> [Task details]:
Restate the data below word for word, keeping each line intact.

** Provided records follows **

-- ===== src/Capabilities/DynamicAnalysis/Calls.antt =====
-- The loop over the calls of a thread in capa-x/src/capabilities/dynamic_analysis.rs: what it hands
-- to the thread and to the matcher of spans of calls.
use capa_x.Prelude.{◌≡◌, refl, subst, ◌||◌, List, [], ◌∷◌, arith, any}
use capa_x.Prelude.Result.{ok, bind-ok}
use capa_x.Address.{Address}
use capa_x.Features.{Feature}
use capa_x.Engine.FeatureSet.{FeatureSet, merge}
use capa_x.Engine.FeatureSet.Has.{has, has-merge}
use capa_x.Freeze.{CallFeatures}
use capa_x.Capabilities.Matching.{MatchResults}
use capa_x.Capabilities.Matcher.{Matcher}
use capa_x.Capabilities.Driver.{extend_matches}
use capa_x.Capabilities.SpanOfCalls
use capa_x.Capabilities.SpanOfCalls.{SpanOfCallsMatcher}
use capa_x.Capabilities.SpanOfCalls.Window.{spans, sets_of}
use capa_x.Capabilities.DynamicAnalysis.{CallsState, find_call_capabilities, calls_loop}

module _ (rule_set : Matcher) (global_features : List Feature) where
  -- each call with the feature set that the matching of it leaves
  abbrev pub AreMatched : List (Address × CallFeatures) → List (Address × FeatureSet) → Type 0
  AreMatched [] [] = Unit
  AreMatched ((addr, call) ∷ calls) ((a, fs) ∷ sets) =
      ((addr ≡ a)
        × ((matches : MatchResults) × (find_call_capabilities rule_set global_features addr
                call.features
              ≡ ok (fs, matches))))
      × AreMatched calls sets
  AreMatched _ _ = ⊥

  -- the sets of the calls, what the matcher of spans makes of them, and what the thread gets
  pub record AreGathered (calls : List (Address × CallFeatures)) (s s' : CallsState) : Type 0 where
    pub sets : List (Address × FeatureSet)
    pub matched : AreMatched calls sets
    pub spanned : spans rule_set s.span_matcher sets ≡ ok s'.span_matcher
    pub gathered :
        (f : Feature) (loc : Address)
        → has f loc s'.features ≡ (has f loc s.features || any (has f loc) (sets_of sets))

  abbrev after_call : CallsState → FeatureSet × MatchResults → SpanOfCallsMatcher → CallsState
  after_call s r m = record {
    features = merge s.features r.0;
    call_matches = extend_matches s.call_matches r.1;
    span_matcher = m;
  }

  one_more :
      (addr : Address) (call : CallFeatures) (calls : List (Address × CallFeatures))
      (s s' : CallsState) (r : FeatureSet × MatchResults) (m : SpanOfCallsMatcher)
      → find_call_capabilities rule_set global_features addr call.features ≡ ok r
      → SpanOfCalls.next rule_set s.span_matcher addr r.0 ≡ ok m
      → AreGathered calls (after_call s r m) s'
      → AreGathered ((addr, call) ∷ calls) s s'
  one_more addr call calls s s' r m e k rest = record {
    sets = (addr, r.0) ∷ rest.sets;
    matched = ((refl, (r.1, e)), rest.matched);
    spanned = rw k rest.spanned;
    gathered = λ f loc. ground (arith, rest.gathered f loc, has-merge f loc s.features r.0);
  }

  -- When the loop ends, the matcher of spans has taken the feature set of every call, as the matching
  -- of the call leaves it, in the order of the calls, and the thread has gained exactly the features and
  -- locations of these sets.
  pub calls_loop-AreGathered :
      (calls : List (Address × CallFeatures)) (s s' : CallsState)
      → calls_loop rule_set global_features calls s ≡ ok s'
      → AreGathered calls s s'
  unfolding calls_loop
  calls_loop-AreGathered [] s s' h =
      let same : s ≡ s' = cc in
      subst (AreGathered [] s) same
        (record { sets = []; matched = tt; spanned = refl; gathered = λ f loc. ground arith })
  calls_loop-AreGathered ((addr, call) ∷ calls) s s' h =
      let v = bind-ok (find_call_capabilities rule_set global_features addr call.features) _ s' h in
      let w = bind-ok (SpanOfCalls.next rule_set s.span_matcher addr v.0.0) _ s' v.1.1 in
      one_more addr call calls s s' v.0 w.0 v.1.0 w.1.0
        (calls_loop-AreGathered calls (after_call s v.0 w.0) s' w.1.1)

** End of Provided records **

> [Answer space]:
-- ===== src/Capabilities/DynamicAnalysis/Calls.antt =====
-- The loop over the calls of a thread in capa-x/src/capabilities/dynamic_analysis.rs: what it hands
-- to the thread and to the matcher of spans of calls.
use capa_x.Prelude.{◌≡◌, refl, subst, ◌||◌, List, [], ◌∷◌, arith, any}
use capa_x.Prelude.Result.{ok, bind-ok}
use capa_x.Address.{Address}
use capa_x.Features.{Feature}
use capa_x.Engine.FeatureSet.{FeatureSet, merge}
use capa_x.Engine.FeatureSet.Has.{has, has-merge}
use capa_x.Freeze.{CallFeatures}
use capa_x.Capabilities.Matching.{MatchResults}
use capa_x.Capabilities.Matcher.{Matcher}
use capa_x.Capabilities.Driver.{extend_matches}
use capa_x.Capabilities.SpanOfCalls
use capa_x.Capabilities.SpanOfCalls.{SpanOfCallsMatcher}
use capa_x.Capabilities.SpanOfCalls.Window.{spans, sets_of}
use capa_x.Capabilities.DynamicAnalysis.{CallsState, find_call_capabilities, calls_loop}

module _ (rule_set : Matcher) (global_features : List Feature) where
  -- each call with the feature set that the matching of it leaves
  abbrev pub AreMatched : List (Address × CallFeatures) → List (Address × FeatureSet) → Type 0
  AreMatched [] [] = Unit
  AreMatched ((addr, call) ∷ calls) ((a, fs) ∷ sets) =
      ((addr ≡ a)
        × ((matches : MatchResults) × (find_call_capabilities rule_set global_features addr
                call.features
              ≡ ok (fs, matches))))
      × AreMatched calls sets
  AreMatched _ _ = ⊥

  -- the sets of the calls, what the matcher of spans makes of them, and what the thread gets
  pub record AreGathered (calls : List (Address × CallFeatures)) (s s' : CallsState) : Type 0 where
    pub sets : List (Address × FeatureSet)
    pub matched : AreMatched calls sets
    pub spanned : spans rule_set s.span_matcher sets ≡ ok s'.span_matcher
    pub gathered :
        (f : Feature) (loc : Address)
        → has f loc s'.features ≡ (has f loc s.features || any (has f loc) (sets_of sets))

  abbrev after_call : CallsState → FeatureSet × MatchResults → SpanOfCallsMatcher → CallsState
  after_call s r m = record {
    features = merge s.features r.0;
    call_matches = extend_matches s.call_matches r.1;
    span_matcher = m;
  }

  one_more :
      (addr : Address) (call : CallFeatures) (calls : List (Address × CallFeatures))
      (s s' : CallsState) (r : FeatureSet × MatchResults) (m : SpanOfCallsMatcher)
      → find_call_capabilities rule_set global_features addr call.features ≡ ok r
      → SpanOfCalls.next rule_set s.span_matcher addr r.0 ≡ ok m
      → AreGathered calls (after_call s r m) s'
      → AreGathered ((addr, call) ∷ calls) s s'
  one_more addr call calls s s' r m e k rest = record {
    sets = (addr, r.0) ∷ rest.sets;
    matched = ((refl, (r.1, e)), rest.matched);
    spanned = rw k rest.spanned;
    gathered = λ f loc. ground (arith, rest.gathered f loc, has-merge f loc s.features r.0);
  }

  -- When the loop ends, the matcher of spans has taken the feature set of every call, as the matching
  -- of the call leaves it, in the order of the calls, and the thread has gained exactly the features and
  -- locations of these sets.
  pub calls_loop-AreGathered :
      (calls : List (Address × CallFeatures)) (s s' : CallsState)
      → calls_loop rule_set global_features calls s ≡ ok s'
      → AreGathered calls s s'
  unfolding calls_loop
  calls_loop-AreGathered [] s s' h =
      let same : s ≡ s' = cc in
      subst (AreGathered [] s) same
        (record { sets = []; matched = tt; spanned = refl; gathered = λ f loc. ground arith })
  calls_loop-AreGathered ((addr, call) ∷ calls) s s' h =
      let v = bind-ok (find_call_capabilities rule_set global_features addr call.features) _ s' h in
      let w = bind-ok (SpanOfCalls.next rule_set s.span_matcher addr v.0.0) _ s' v.1.1 in
      one_more addr call calls s s' v.0 w.0 v.1.0 w.1.0
        (calls_loop-AreGathered calls (after_call s v.0 w.0) s' w.1.1)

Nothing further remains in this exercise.